March
20, 2012
Presidential source says ministers
loyal to Saleh left meeting to cause failure of consensus government.
SANAA - Yemeni ministers loyal to
veteran strongman Ali Abdullah Saleh, who quit as president last month under a
hard-won transition deal, walked out of a cabinet meeting on Tuesday, sources
close to Saleh's successor said.
The move came hours after a senior
official said Saleh had threatened to pull his supporters out of the consensus
cabinet formed with the parliamentary opposition in December as another key
part of the transfer of power deal.
All but two ministers of Saleh's
General People's Congress (GPC) party left the meeting as part of
"attempts by Saleh to cause the failure of the consensus government,"

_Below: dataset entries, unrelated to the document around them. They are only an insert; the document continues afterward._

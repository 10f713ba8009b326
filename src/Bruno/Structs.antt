-- ===== src/Bruno/Structs.antt =====
-- internal/brunogen/struct_parser.go: the request structs of the API's files. What go/parser gives
-- for a path is an argument.
use grabarr.Common.{
  ◌==◌, Bool, true, false, not, ◌||◌, Option, none, some, List, [], ◌∷◌, ◌++◌, if◌then◌else◌, ℤ,
  pos, Text, codes, ◌=t◌, contains, has_prefix, has_suffix, to_lower, join, Result, ok, err,
}
use grabarr.Bruno.Ast.{
  Node, ident, selector, array_type, map_type, star, struct_type, type_spec, gen_decl, Nodes, nil,
  cons, Fields, end, field, inspect,
}
use grabarr.Bruno.Patterns.{trim, first_part, after_first, before_first}

-- The values that an `interface{}` holds as an example; `no_example` is nil.
pub data Example : Type 0 where
  no_example : Example
  string : Text → Example
  int : ℤ → Example
  zero_float : Example
  bool : Bool → Example
  strings : List Text → Example
  empty_map : Example

pub record FieldInfo : Type 0 where
  pub name : Text
  pub type : Text
  pub json_tag : Text
  pub required : Bool
  pub example : Example

pub record StructInfo : Type 0 where
  pub name : Text
  pub fields : List FieldInfo

unfoldable pub type_to_string : Node → Text
type_to_string (ident name) = name
type_to_string (array_type elt) = codes "[]" ++ type_to_string elt
type_to_string (map_type key value) =
    codes "map[" ++ type_to_string key ++ codes "]" ++ type_to_string value
type_to_string (selector x sel) = sel
type_to_string (star x) = codes "*" ++ type_to_string x
type_to_string _ = codes "interface{}"

abbrev pub get_tag_string : Option Text → Text
get_tag_string none = []
get_tag_string (some value) = trim (λ c. c == b'`') value

-- A tag that is `-` is none.
abbrev tag_name : Option Text → Text
tag_name none = []
tag_name (some t) = let name = first_part b',' t in if name =t codes "-" then [] else name

abbrev until_quote : Option Text → Option Text
until_quote none = none
until_quote (some t) = before_first b'"' t

unfoldable pub extract_json_tag : Option Text → Text
extract_json_tag tag = tag_name (until_quote (after_first (codes "json:\"") (get_tag_string tag)))

abbrev typed_example : Text → Example
typed_example type =
    if type =t codes "string"
    then string []
    else if type =t codes "int" || type =t codes "int64"
    then int (pos 0)
    else if type =t codes "float64"
    then zero_float
    else if type =t codes "bool"
    then bool false
    else if type =t codes "[]string"
    then strings []
    else if has_prefix type (codes "map[")
    then empty_map
    else no_example

unfoldable pub get_example_for_field : (field_name type_name : Text) → Example
get_example_for_field field_name type_name =
    let lowered = to_lower field_name in
    if contains lowered (codes "name")
    then string (codes "Example Download")
    else if contains lowered (codes "path")
    then string (
        if contains lowered (codes "remote")
        then codes "/downloads/completed/dp/example-file"
        else codes "/local/path/to/file")
    else if contains lowered (codes "priority")
    then int (pos 5)
    else if contains lowered (codes "retries")
    then int (pos 3)
    else if contains lowered (codes "size")
    then int (pos 1073741824)
    else if contains lowered (codes "category")
    then string (codes "movies")
    else if contains lowered (codes "tags")
    then strings (codes "example" ∷ codes "tag" ∷ [])
    else if contains lowered (codes "hash")
    then string (codes "abc123def456")
    else if lowered =t codes "metadata"
    then string (codes "METADATA_OBJECT")
    else typed_example type_name

-- An embedded field has no name, and is left out; of several names the first is taken.
unfoldable pub parse_fields : Fields → List FieldInfo
unfolding type_to_string extract_json_tag get_example_for_field
parse_fields end = []
parse_fields (field [] type tag fields) = parse_fields fields
parse_fields (field (name ∷ names) type tag fields) =
    let type_name : Text = type_to_string type in
    record {
      name = name;
      type = type_name;
      json_tag = extract_json_tag tag;
      required = not (contains (get_tag_string tag) (codes ",omitempty"));
      example = get_example_for_field name type_name;
    }
    ∷ parse_fields fields

unfoldable pub parse_struct : Text → Fields → StructInfo
unfolding parse_fields
parse_struct name fields = record { name = name; fields = parse_fields fields }

-- `g.structs` with the last one that was stored first.
abbrev pub Structs : Type 0
Structs = List (Text × StructInfo)

abbrev pub find_struct : Text → Structs → Option StructInfo
find_struct name [] = none
find_struct name ((key, info) ∷ structs) =
    if key =t name then some info else find_struct name structs

-- The specifications of a type declaration.
unfoldable pub parse_specs : Nodes → Structs → Structs
unfolding parse_struct
parse_specs nil structs = structs
parse_specs (cons (type_spec name (struct_type fields)) specs) structs = parse_specs specs (
    if has_suffix name (codes "Request")
    then (name, parse_struct name fields) ∷ structs
    else structs)
parse_specs (cons _ specs) structs = parse_specs specs structs

-- The visitor, over the nodes of a file.
unfoldable pub visit_types : List Node → Structs → Structs
unfolding parse_specs
visit_types [] structs = structs
visit_types (gen_decl true specs ∷ nodes) structs = visit_types nodes (parse_specs specs structs)
visit_types (_ ∷ nodes) structs = visit_types nodes structs

-- A file that does not parse is passed over.
unfoldable pub parse_structs_from_file : Result Node → Structs → Structs
unfolding visit_types inspect
parse_structs_from_file (err e) structs = structs
parse_structs_from_file (ok file) structs = visit_types (inspect file) structs

abbrev pub api_files : List Text
api_files = codes "jobs.go" ∷ codes "sync.go" ∷ codes "system.go" ∷ []

unfoldable pub parse_files : (Text → Result Node) → (api_dir : Text) → List Text → Structs → Structs
unfolding parse_structs_from_file
parse_files parse_file api_dir [] structs = structs
parse_files parse_file api_dir (name ∷ names) structs =
    parse_files parse_file api_dir names
      (parse_structs_from_file (parse_file (join api_dir name)) structs)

said one source close to President Abdrabuh Mansur Hadi.
Hadi, elected as Saleh's successor
last month in a vote in which his was the only name on the ballot paper, is
scrambling to persuade his predecessor not to make good on his threat to bring
down the government, a top official said on condition of anonymity.
Hadi has appointed a committee of
leading politicians in a bid "to convince Saleh to abandon his
threats," the official said.
If the commission fails to secure
a change of heart, "the president will have to form a new government of
national unity," the official added.
But Saleh showed little sign of
backing down and telephoned Prime Minister Mohammed Basindawa personally and
"threatened" his government, a cabinet source said.
The 34-member unity cabinet,
appointed in December in accordance with the transition deal, has equal numbers
of ministers from the GPC and the parliamentary opposition's Common Forum
alliance.
Under the terms of the
Gulf-brokered agreement which he signed with the opposition in November, Saleh
gave up the Sanaa presidency that he had held since 1978.
But he retains the leadership of
the GPC and aides have not ruled out his standing in a contested presidential
election due to be held alongside new parliamentary polls in 2014.
Over the past week, the pro-Saleh
press has stepped up its criticism of Basindawa's government and in a speech
last week the former president accused it of being "weak" and of
"not understanding anything about politics."
The Gulf-brokered transition deal brought
an end to 10 months of deadly violence between Saleh opponents and loyalist
troops, that ended up splitting the security forces and fanning an insurgency
in the south and east by militants loyal to Al-Qaeda.
Since taking over as president,
Hadi has struggled to grapple with the huge challenges facing the Arab world's
poorest nation, which also include a Shiite rebellion in the far north and a
growing campaign for secession in the formerly independent south.